In the control no daphnids showed immobilization or other signs of disease or stress. Furthermore, the dissolved oxygen concentration at the end of the test was ≥3 mg/L in the test vessels of the control and the test item treatment.

Conclusions:

The test item had no acute toxic effects on Daphnia magna in a semi-static 48-hour test at the measured concentration of 0.15 μg/L, corresponding to the solubility limit of the test item in test water at a loading rate of 100 mg/L.

Executive summary:

The acute toxicity of the test item TRIISONONYLAMINE on Daphnia magna was determined in a 48-hour semi-static test according to the OECD Guideline for Testing of Chemicals, No. 202 (2004) and the Commission Regulation (EC) No. 440/2008, Part C.2. and following GLP. A limit test was performed in accordance with the test guidelines to demonstrate that the test item has no toxic effect on the test organisms up to and including a loading rate of 100 mg/L.

As the test item is a liquid with low water solubility, in order to prepare a saturated test item solution, the slow-stirring method (to avoid formation of micro emulsions) was applied. For preparation of the test medium, the test item with specific gravity of 0.820 was carefully applied (pipetted) onto the surface of the test water at a loading rate of 100 mg/L. Thereafter slowstirring was applied for 96 hours in a closed vessel to reach a maximum concentration of dissolved test item in the test water. The stirring vessel was nearly completely filled (a small headspace had to be included as the test item was floating on the water surface) and was tightly sealed with glass stoppers to avoid losses of the volatile test item by evaporation during stirring.

After this treatment the lower part of the equilibrated test medium was carefully harvested from the stirring vessel through a tap at the bottom of the vessel. This equilibrated aqueous phase with a loading rate of 100 mg/L, containing dissolved test item only was used as test medium. Additionally, a control (test water without test item) was tested in parallel.

At the end of the test medium renewal periods, 87 and 68 % of the initially measured values were found. Mean measured concentrations during the test period was calculated to be 0.15 µg/L.

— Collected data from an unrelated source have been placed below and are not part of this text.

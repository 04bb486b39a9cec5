-- ===== src/Vma/Lookup.antt =====
-- The searches through the list of areas.
use kernel_legacy.Vma.{Area, is_free, area_at, find_area, vma_first_fit_alloc, vma_find_by_addr}
use kernel_legacy.Vma.Tiling.{IsTiled, IsTiled-le}
use kernel_legacy.Prelude.{
  ℕ, zero, suc, ◌+◌, ◌%◌, ◌^◌, ◌≤◌, ◌<◌, ◌≡◌, refl, ◌⊎◌, inl, inr, Bool, true, false, ◌&&◌, Option,
  none, some, List, [], ◌∷◌, arith, ltb, leb, Bool-cases,
}

-- A search returns the first area that passes the test, or NULL where none does.
abbrev pub IsFirst : (Area → Bool) → List Area → Option ℕ → Type 0
IsFirst test l none = (j : ℕ) (b : Area) → area_at l j ≡ some b → test b ≡ false
IsFirst test l (some i) =
    (a : Area) × (area_at l i ≡ some a)
    × (test a ≡ true)
    × ((j : ℕ) (b : Area) → j < i → area_at l j ≡ some b → test b ≡ false)

pub find_area-IsFirst : (test : Area → Bool) (l : List Area) → IsFirst test l (find_area test l)
find_area-IsFirst test [] = λ j b e. cc
find_area-IsFirst test (a ∷ rest) = elim (Bool-cases (test a)) [
  | inl here ↦ rw here (a, refl, here, λ j b lt e. absurd (ground arith))
  | inr past ↦ rw past (go past (find_area test rest) (find_area-IsFirst test rest))
]
  where
    skip :
        (bound : ℕ)
        → test a ≡ false
        → ((j : ℕ) (b : Area) → j < bound → area_at rest j ≡ some b → test b ≡ false)
        → (j : ℕ) (b : Area) → j < suc bound
        → area_at (a ∷ rest) j ≡ some b
        → test b ≡ false
    skip bound past h zero b lt e = let same : a ≡ b = cc in rw (← same) past
    skip bound past h (suc j) b lt e = h j b (omega arith) e

    go :
        test a ≡ false
        → (o : Option ℕ) → IsFirst test rest o
        → IsFirst test (a ∷ rest) (elim o [ none ↦ none | some i ↦ some (suc i) ])
    go past none h = λ j b e. skip (suc j) past (λ k c lt f. h k c f) j b (omega arith) e
    go past (some i) (b, found, passes, before) = (b, found, passes, skip i past before)

-- `vma_first_fit_alloc` returns the first free area of at least that size.
pub vma_first_fit_alloc-IsFirst :
    (l : List Area) (size : ℕ)
    → IsFirst (λ a. leb size a.size && is_free a) l (vma_first_fit_alloc l size)
unfolding vma_first_fit_alloc
vma_first_fit_alloc-IsFirst l size = find_area-IsFirst _ l

-- The result of a search by address in areas that cover the addresses from `lo` below `hi`: NULL
-- outside that range, and inside it the area that holds the address.
abbrev pub Locates : (lo hi addr : ℕ) → List Area → Option ℕ → Type 0
Locates lo hi addr l none = (addr < lo) ⊎ (hi ≤ addr)
Locates lo hi addr l (some i) =
    (lo ≤ addr)
    × (addr < hi)
    × ((a : Area) × (area_at l i ≡ some a)
        × (a.start_vaddr ≤ addr)
        × (addr < a.start_vaddr + a.size))

later_area :
    (lo hi addr : ℕ) (a : Area) (rest : List Area)
    → (addr < lo) ⊎ (lo + a.size ≤ addr)
    → (o : Option ℕ) → Locates (lo + a.size) hi addr rest o
    → lo + a.size ≤ hi
    → Locates lo hi addr (a ∷ rest) (elim o [ none ↦ none | some i ↦ some (suc i) ])
later_area lo hi addr a rest out none (inl low) le = ground arith
later_area lo hi addr a rest out none (inr high) le = inr high
later_area lo hi addr a rest out (some i) (low, high, found) le = (omega arith, high, found)

-- In areas that tile a range, `vma_find_by_addr` returns the area that holds the address, and NULL
-- exactly for an address outside the range.
pub vma_find_by_addr-Locates :
    (lo hi addr : ℕ) (l : List Area)
    → hi < 2 ^ 32
    → IsTiled lo hi l
    → Locates lo hi addr l (vma_find_by_addr addr l)
unfolding vma_find_by_addr
vma_find_by_addr-Locates lo hi addr [] small h = ground arith
vma_find_by_addr-Locates lo hi addr (a ∷ rest) small (start, bytes, whole, tiled) =
    let bound = IsTiled-le _ hi rest tiled in
    let inside =
      λ (b : Area). leb b.start_vaddr addr && ltb addr ((b.start_vaddr + b.size) % 2 ^ 32) in
    let later = vma_find_by_addr-Locates (lo + a.size) hi addr rest small tiled in
    elim (Bool-cases (inside a)) [
      | inl here ↦
          let in_a : (a.start_vaddr ≤ addr) × (addr < a.start_vaddr + a.size) =
            (ground arith, ground arith) in
          rw here (omega arith, omega arith, (a, refl, in_a.0, in_a.1))
      | inr past ↦
          rw past (later_area lo hi addr a rest (ground arith) (find_area inside rest) later bound)
    ]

In the control and at the mean measured concentration of 0.15 μg/L, no immobilized test organisms were observed during the test period of 48 hours. Therefore, the 48-hour NOEC and EC0 of TRIISONONYLAMINE to Daphnia magna were determined to be at least at the mean measured concentration of 0.15 μg/L.

In conclusion, the test item TRIISONONYLAMINE had no acute toxic effects on Daphnia magna in a 48-hour semi-static test up to its solubility limit in test water at a loading rate of 100 mg/L.